**THE TASK:**
Line by line, repeat the material below without any deviation.

--------------------

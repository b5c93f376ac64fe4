-- ===== src/Api/Payload.antt =====
-- internal/api/tokens.go and access.go: what a client sets of a hook, and which settings are valid.
use hookwatch.Api.Answer.{normalized_auth_mode}
use hookwatch.Authz.{is_admin, is_owner}
use hookwatch.Models.{Token, User}
use hookwatch.Prelude.{
  Bool, Option, Result, String, err, if◌then◌else◌, is_some, ltb_ℤ, nat_eq, none, not, ok, or_else,
  pos, some, string_eq, to_lower, trim_space, true, ℤ, ◌&&◌, ◌==◌, ◌||◌,
}

-- tokenPayload
pub record TokenPayload : Type 0 where
  pub default_status : Option ℤ
  pub default_content_type : Option String
  pub default_content : Option String
  pub legacy_default_body : Option String
  pub max_requests : Option ℤ
  pub timeout : Option ℤ
  pub cors : Option Bool
  pub legacy_cors_enabled : Option Bool
  pub receive_mode : Option String
  pub view_mode : Option String
  pub persistent : Option Bool
  pub rate_limit : Option ℤ
  pub signature_provider : Option String
  pub signature_secret : Option String

-- The first of the two that is set.
abbrev either_of {ℓ} : {A : Type ℓ} → Option A → Option A → A → A
either_of (some a) legacy old = a
either_of none legacy old = or_else legacy old

-- A blank secret takes the secret away.
abbrev secret_of : Option String → Option String → Option String
secret_of none old = old
secret_of (some s) old = if trim_space s == "" then none else some (trim_space s)

abbrev trimmed_of : Option String → String → String
trimmed_of none old = old
trimmed_of (some s) old = trim_space s

unfoldable pub apply_token_payload : Token → TokenPayload → Token
apply_token_payload token payload = record token {
  default_status = or_else payload.default_status token.default_status;
  default_content_type = or_else payload.default_content_type token.default_content_type;
  default_content =
      either_of payload.default_content payload.legacy_default_body token.default_content;
  timeout = or_else payload.timeout token.timeout;
  max_requests = or_else payload.max_requests token.max_requests;
  cors = either_of payload.cors payload.legacy_cors_enabled token.cors;
  receive_mode = or_else payload.receive_mode token.receive_mode;
  view_mode = or_else payload.view_mode token.view_mode;
  persistent = or_else payload.persistent token.persistent;
  rate_limit = or_else payload.rate_limit token.rate_limit;
  signature_provider = trimmed_of payload.signature_provider token.signature_provider;
  signature_secret = secret_of payload.signature_secret token.signature_secret;
}

-- Whether a mode is one of the two.
abbrev pub is_mode : String → Bool
is_mode s = s == "public" || s == "private"

unfoldable pub validate_and_normalize_token_access : Token → String → Result String Token
validate_and_normalize_token_access token auth_mode =
    if not (is_mode token.receive_mode)
    then err "receive_mode must be public or private"
    else if not (is_mode token.view_mode)
    then err "view_mode must be public or private"
    else if normalized_auth_mode auth_mode == "none"
    then ok (record token { view_mode = "public" })
    else ok token

abbrev pub is_blank : Option String → Bool
is_blank none = true
is_blank (some s) = trim_space s == ""

abbrev pub is_provider : String → Bool
is_provider s = s == "" || s == "github" || s == "stripe"

-- The provider and its secret.
unfoldable pub validate_signature : Token → Result String Token
validate_signature token =
    if not (is_provider token.signature_provider)
    then err "signature_provider must be empty, github, or stripe"
    else if token.signature_provider == ""
    then ok (record token { signature_secret = none })
    else if is_blank token.signature_secret
    then err "signature_secret is required when signature_provider is set"
    else ok token

-- Who may make a hook persistent.
unfoldable pub validate_persistence : String → Option User → Bool → Token → Result String Token
validate_persistence auth_mode user changed token =
    if token.persistent && auth_mode == "none"
    then err "persistent tokens require authentication"
    else if token.persistent && not (is_some token.owner_id)
    then err "persistent tokens require an authenticated owner"
    else if changed && not (is_owner user token) && not (is_admin user)
    then err "only the owner or an admin can change persistence"
    else ok token

abbrev pub and_then : Result String Token → (Token → Result String Token) → Result String Token
and_then (err e) f = err e
and_then (ok token) f = f token

unfoldable pub validate_advanced_token_config :
    String → Option User → Token → Bool → Result String Token
unfolding validate_signature validate_persistence
validate_advanced_token_config auth_mode user token changed =
    and_then
      (validate_signature
        (record token { signature_provider = to_lower (trim_space token.signature_provider) }))
      (validate_persistence auth_mode user changed)

unfoldable pub validate_token_config : Token → Result String Token
validate_token_config token =
    if ltb_ℤ token.default_status (pos 100) || ltb_ℤ (pos 999) token.default_status
    then err "default_status must be between 100 and 999"
    else if trim_space token.default_content_type == ""
    then err "default_content_type must not be empty"
    else if ltb_ℤ token.max_requests (pos 1)
    then err "max_requests must be at least 1"
    else if ltb_ℤ token.timeout (pos 0) || ltb_ℤ (pos 10) token.timeout
    then err "timeout must be between 0 and 10"
    else ok token

-- The three validations, in the order of createToken and updateToken.
unfoldable pub validated : String → Option User → Bool → Token → Result String Token
unfolding validate_and_normalize_token_access validate_advanced_token_config validate_token_config
validated auth_mode user changed token =
    and_then
      (and_then (validate_and_normalize_token_access token auth_mode)
        (λ t. validate_advanced_token_config auth_mode user t changed))
      validate_token_config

--------------------

**SOLVED PROBLEM:**
repository b5c93f376ac64fe4
-- ===== src/Api/Payload.antt =====
-- internal/api/tokens.go and access.go: what a client sets of a hook, and which settings are valid.
use hookwatch.Api.Answer.{normalized_auth_mode}
use hookwatch.Authz.{is_admin, is_owner}
use hookwatch.Models.{Token, User}
use hookwatch.Prelude.{
  Bool, Option, Result, String, err, if◌then◌else◌, is_some, ltb_ℤ, nat_eq, none, not, ok, or_else,
  pos, some, string_eq, to_lower, trim_space, true, ℤ, ◌&&◌, ◌==◌, ◌||◌,
}

-- tokenPayload
pub record TokenPayload : Type 0 where
  pub default_status : Option ℤ
  pub default_content_type : Option String
  pub default_content : Option String
  pub legacy_default_body : Option String
  pub max_requests : Option ℤ
  pub timeout : Option ℤ
  pub cors : Option Bool
  pub legacy_cors_enabled : Option Bool
  pub receive_mode : Option String
  pub view_mode : Option String
  pub persistent : Option Bool
  pub rate_limit : Option ℤ
  pub signature_provider : Option String
  pub signature_secret : Option String

-- The first of the two that is set.
abbrev either_of {ℓ} : {A : Type ℓ} → Option A → Option A → A → A
either_of (some a) legacy old = a
either_of none legacy old = or_else legacy old

-- A blank secret takes the secret away.
abbrev secret_of : Option String → Option String → Option String
secret_of none old = old
secret_of (some s) old = if trim_space s == "" then none else some (trim_space s)

abbrev trimmed_of : Option String → String → String
trimmed_of none old = old
trimmed_of (some s) old = trim_space s

unfoldable pub apply_token_payload : Token → TokenPayload → Token
apply_token_payload token payload = record token {
  default_status = or_else payload.default_status token.default_status;
  default_content_type = or_else payload.default_content_type token.default_content_type;
  default_content =
      either_of payload.default_content payload.legacy_default_body token.default_content;
  timeout = or_else payload.timeout token.timeout;
  max_requests = or_else payload.max_requests token.max_requests;
  cors = either_of payload.cors payload.legacy_cors_enabled token.cors;
  receive_mode = or_else payload.receive_mode token.receive_mode;
  view_mode = or_else payload.view_mode token.view_mode;
  persistent = or_else payload.persistent token.persistent;
  rate_limit = or_else payload.rate_limit token.rate_limit;
  signature_provider = trimmed_of payload.signature_provider token.signature_provider;
  signature_secret = secret_of payload.signature_secret token.signature_secret;
}

-- Whether a mode is one of the two.
abbrev pub is_mode : String → Bool
is_mode s = s == "public" || s == "private"

unfoldable pub validate_and_normalize_token_access : Token → String → Result String Token
validate_and_normalize_token_access token auth_mode =
    if not (is_mode token.receive_mode)
    then err "receive_mode must be public or private"
    else if not (is_mode token.view_mode)
    then err "view_mode must be public or private"
    else if normalized_auth_mode auth_mode == "none"
    then ok (record token { view_mode = "public" })
    else ok token

abbrev pub is_blank : Option String → Bool
is_blank none = true
is_blank (some s) = trim_space s == ""

abbrev pub is_provider : String → Bool
is_provider s = s == "" || s == "github" || s == "stripe"

-- The provider and its secret.
unfoldable pub validate_signature : Token → Result String Token
validate_signature token =
    if not (is_provider token.signature_provider)
    then err "signature_provider must be empty, github, or stripe"
    else if token.signature_provider == ""
    then ok (record token { signature_secret = none })
    else if is_blank token.signature_secret
    then err "signature_secret is required when signature_provider is set"
    else ok token

-- Who may make a hook persistent.
unfoldable pub validate_persistence : String → Option User → Bool → Token → Result String Token
validate_persistence auth_mode user changed token =
    if token.persistent && auth_mode == "none"
    then err "persistent tokens require authentication"
    else if token.persistent && not (is_some token.owner_id)
    then err "persistent tokens require an authenticated owner"
    else if changed && not (is_owner user token) && not (is_admin user)
    then err "only the owner or an admin can change persistence"
    else ok token

abbrev pub and_then : Result String Token → (Token → Result String Token) → Result String Token
and_then (err e) f = err e
and_then (ok token) f = f token

unfoldable pub validate_advanced_token_config :
    String → Option User → Token → Bool → Result String Token
unfolding validate_signature validate_persistence
validate_advanced_token_config auth_mode user token changed =
    and_then
      (validate_signature
        (record token { signature_provider = to_lower (trim_space token.signature_provider) }))
      (validate_persistence auth_mode user changed)

unfoldable pub validate_token_config : Token → Result String Token
validate_token_config token =
    if ltb_ℤ token.default_status (pos 100) || ltb_ℤ (pos 999) token.default_status
    then err "default_status must be between 100 and 999"
    else if trim_space token.default_content_type == ""
    then err "default_content_type must not be empty"
    else if ltb_ℤ token.max_requests (pos 1)
    then err "max_requests must be at least 1"
    else if ltb_ℤ token.timeout (pos 0) || ltb_ℤ (pos 10) token.timeout
    then err "timeout must be between 0 and 10"
    else ok token

-- The three validations, in the order of createToken and updateToken.
unfoldable pub validated : String → Option User → Bool → Token → Result String Token
unfolding validate_and_normalize_token_access validate_advanced_token_config validate_token_config
validated auth_mode user changed token =
    and_then
      (and_then (validate_and_normalize_token_access token auth_mode)
        (λ t. validate_advanced_token_config auth_mode user t changed))
      validate_token_config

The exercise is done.